Take the admin overhead example again. Before you acquired them, did your best customer suffer three years of rising costs in its HR department?

(Yes, it’s possible to find this data – perhaps by checking number of job roles matching a title!)

If so, companies in the same position may be hot prospects. For example, you could look for companies near the top of an income bracket but which haven’t grown out of it. Your business solution could be what they need to return to growth.

 

Approaching prospects in terms of the challenges they face, rather than the products you sell, results in much faster engagement – with a much bigger audience. Which will keep both Marketing and Sales happy.

 

A good example of a marketing database is Marketscan’s Megabase which details 3.4m businesses in the UK. But what’s really special is the extra data it attaches to each record. These “descriptors” give you a far broader range of metrics to measure… including market sector and company type information that goa lot deeper than SIC codes.

 

When extracting information from a marketing database, make sure you consider the following:

  • Catchment area – how local is your business? Can you service companies 10km away? Or  globally? It may be wider than you think.
  • Job descriptions – how do your customers describe themselves? Is there a single standard role? Or 100 different ones? Collect the set.
  • Market sector – your current roster may span one vertical, but your appeal may be broader. Check you’re reaching the biggest audience.
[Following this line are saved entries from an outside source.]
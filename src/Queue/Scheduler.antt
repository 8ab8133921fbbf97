-- ===== src/Queue/Scheduler.antt =====
-- The scheduler (textlake/queue/scheduler.py): one pass of its loop over crawl_task and raw_capture.
use meritmolt.Prelude.{
  ℕ, ◌+◌, ◌-◌, ◌*◌, String, Bool, true, false, ◌&&◌, not, Option, none, some, List, keep_if,
  update_if, ltb, leb, if◌then◌else◌,
}
use meritmolt.Json.{number, text, object, end, field}
use meritmolt.Auth.Tables.{seconds}
use meritmolt.Queue.{CrawlTask, Queue, Digests, dedupe_key, insert_task}

-- A row of raw_capture, by its fetched_at.
pub record RawCapture : Type 0 where
  pub fetched_at : ℕ

-- What the loop remembers: when it last did each of its jobs.
pub record Memory : Type 0 where
  pub last_list_submolts : Option ℕ
  pub last_hot : Option ℕ
  pub last_new : Option ℕ
  pub last_rising : Option ℕ
  pub last_top : Option ℕ
  pub last_parked_recovery : Option ℕ
  pub last_prune : Option ℕ

abbrev pub no_memory : Memory
no_memory = record {
  last_list_submolts = none;
  last_hot = none;
  last_new = none;
  last_rising = none;
  last_top = none;
  last_parked_recovery = none;
  last_prune = none;
}

-- `last is None or (now - last).total_seconds() >= interval`.
abbrev pub due : ℕ → ℕ → Option ℕ → Bool
due interval now none = true
due interval now (some last) = leb (seconds interval) (now - last)

abbrev pub renew : ℕ → ℕ → Option ℕ → Option ℕ
renew interval now last = if due interval now last then some now else last

-- The uuid4 of each row that a pass may insert.
pub record Fresh : Type 0 where
  pub list_submolts : ℕ
  pub hot : ℕ
  pub new : ℕ
  pub rising : ℕ
  pub top : ℕ

unfoldable pub enqueue_list_submolts : Digests → Memory → ℕ → ℕ → Queue → Queue
enqueue_list_submolts lib m id now queue =
    if due 900 now m.last_list_submolts
    then insert_task id now "list_submolts" (object end)
        (dedupe_key lib "list_submolts" (object end)) 10 queue
    else queue

-- One round of the loop over the feed's sorts; the dedupe key leaves the limit out.
unfoldable pub enqueue_feed : Digests → String → Option ℕ → ℕ → ℕ → Queue → Queue
enqueue_feed lib sort last id now queue =
    if due 60 now last
    then insert_task id now "poll_posts_feed"
        (object (field "sort" (text sort) (field "limit" (number 25) end)))
        (dedupe_key lib "poll_posts_feed" (object (field "sort" (text sort) end))) 8 queue
    else queue

-- `updated_at < now - 3600 seconds`, with the subtraction on the other side.
abbrev pub is_parked : ℕ → CrawlTask → Bool
is_parked now task = leb task.max_attempts task.attempts && ltb (task.updated_at + seconds 3600) now

abbrev pub unpark : ℕ → CrawlTask → CrawlTask
unpark now task = record task { attempts = 0; not_before = some now; updated_at = now }

-- The UPDATE of the parked tasks.
unfoldable pub recover_parked : ℕ → Queue → Queue
recover_parked now queue = update_if (is_parked now) (unpark now) queue

unfoldable pub recover_if_due : Memory → ℕ → Queue → Queue
recover_if_due m now queue =
    if due 600 now m.last_parked_recovery then recover_parked now queue else queue

-- The DELETE of the captures that are older than a day.
unfoldable pub prune : ℕ → List RawCapture → List RawCapture
prune now captures =
    keep_if (λ (c : RawCapture). not (ltb (c.fetched_at + seconds (24 * 3600)) now)) captures

unfoldable pub prune_if_due : Memory → ℕ → List RawCapture → List RawCapture
prune_if_due m now captures = if due 3600 now m.last_prune then prune now captures else captures

unfoldable pub remember : Memory → ℕ → Memory
remember m now = record {
  last_list_submolts = renew 900 now m.last_list_submolts;
  last_hot = renew 60 now m.last_hot;
  last_new = renew 60 now m.last_new;
  last_rising = renew 60 now m.last_rising;
  last_top = renew 60 now m.last_top;
  last_parked_recovery = renew 600 now m.last_parked_recovery;
  last_prune = renew 3600 now m.last_prune;
}

unfoldable pub enqueue_due : Digests → Memory → Fresh → ℕ → Queue → Queue
enqueue_due lib m fresh now queue =
    let q0 = enqueue_list_submolts lib m fresh.list_submolts now queue in
    let q1 = enqueue_feed lib "hot" m.last_hot fresh.hot now q0 in
    let q2 = enqueue_feed lib "new" m.last_new fresh.new now q1 in
    let q3 = enqueue_feed lib "rising" m.last_rising fresh.rising now q2 in
    enqueue_feed lib "top" m.last_top fresh.top now q3

-- A pass whose statements succeed. When the commit fails the tables stay, and the loop remembers its
-- jobs as done all the same.
unfoldable pub pass :
    Digests → Bool → Fresh → ℕ → Memory × Queue × List RawCapture → Memory × Queue × List RawCapture
pass lib true fresh now (m, queue, captures) = (
  remember m now,
  recover_if_due m now (enqueue_due lib m fresh now queue),
  prune_if_due m now captures,
)
pass lib false fresh now (m, queue, captures) = (remember m now, queue, captures)
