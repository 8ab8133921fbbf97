-- ===== src/Queue/Steps.antt =====
-- Histories of the queue: the transactions of the workers, of the handlers that enqueue, and of the
-- scheduler, in the order in which they commit (textlake/queue/worker.py).
use meritmolt.Prelude.{ℕ, String, Bool, Option, List, [], ◌∷◌}
use meritmolt.Text.{Text}
use meritmolt.Json.{Json}
use meritmolt.Queue.{
  CrawlTask, Queue, Digests, enqueue, claim, delete_task, postpone_task, fail_task,
}
use meritmolt.Queue.Scheduler.{Memory, Fresh, enqueue_due, recover_if_due}

-- How a claimed task ends: its kind has no handler, its handler returned, it raised
-- TransientAuthError or RateLimitResetError (with reset_at), or another exception.
pub data Ending : Type 0 where
  no_handler returned : Ending
  transient : Option ℕ → Text → Ending
  raised : Text → Ending

-- What the worker does at the end of a task that it claimed at `now`.
unfoldable pub end_task : ℕ → ℕ → Ending → Queue → Queue
end_task task_id now no_handler queue = delete_task task_id queue
end_task task_id now returned queue = delete_task task_id queue
end_task task_id now (transient reset_at error) queue =
    postpone_task task_id now reset_at error queue
end_task task_id now (raised error) queue = fail_task task_id now error queue

pub data Event : Type 0 where
  enqueues : (id now : ℕ) → String → Json → ℕ → Event
  claims : (worker : String) → (now : ℕ) → (CrawlTask → Bool) → Event
  ends : (task_id now : ℕ) → Ending → Event
  schedules : Memory → Fresh → ℕ → Event

unfoldable pub step : Digests → Event → Queue → Queue
step lib (enqueues id now kind params priority) queue =
    enqueue lib id now kind params priority queue
step lib (claims worker now held) queue = (claim worker now held queue).1
step lib (ends task_id now ending) queue = end_task task_id now ending queue
step lib (schedules m fresh now) queue = recover_if_due m now (enqueue_due lib m fresh now queue)

unfoldable pub run_events : Digests → List Event → Queue → Queue
run_events lib [] queue = queue
run_events lib (e ∷ events) queue = run_events lib events (step lib e queue)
The broader, deeper data leads to more meaningful information. And that’s what helps you plan the metrics you need, rather than the metrics everyone else uses.

 

Buying database packages such as Sales Generator allow you to add value to your campaigns. Rather than a one-off list, it lets you choose a subset of companies – and, after seeing what worked in your last campaign, choose new prospects based on those results. Questions you might ask include:

 

  • Are your customers all of a set size? Companies stuck at £5m in turnover could be your sweet spot.
  • Have you been approaching Marketing Managers, but your budget holder is commonly a C-level executive? See how a different job role responds.
  • Are you based in London, when there’s a larger cluster of prospects in Manchester? It may be worth a move.

 

Because Sales Generator is based on access to a database for a full 12 months –not just buying a one-off list – it lets you plan not just one campaign, but your whole marketing strategy over the year. Without the costs.

 

Together, these tools can establish which metrics to measure: the measures that accurately reflect the business pain you solve.

Because if you’re approaching customers who are already in the market for the solutions you offer, response rates will be higher. Conversions, faster. And the sales cycle? Shorter.

And when you apply those metrics to your next campaign – companies with less than 5% growth? With fewer than 100 employees? With profit margins struggling in single figures? – you can choose an audience for that campaign of companies just like those who responded last time.

And those are the metrics that matter. The metrics that are right for you.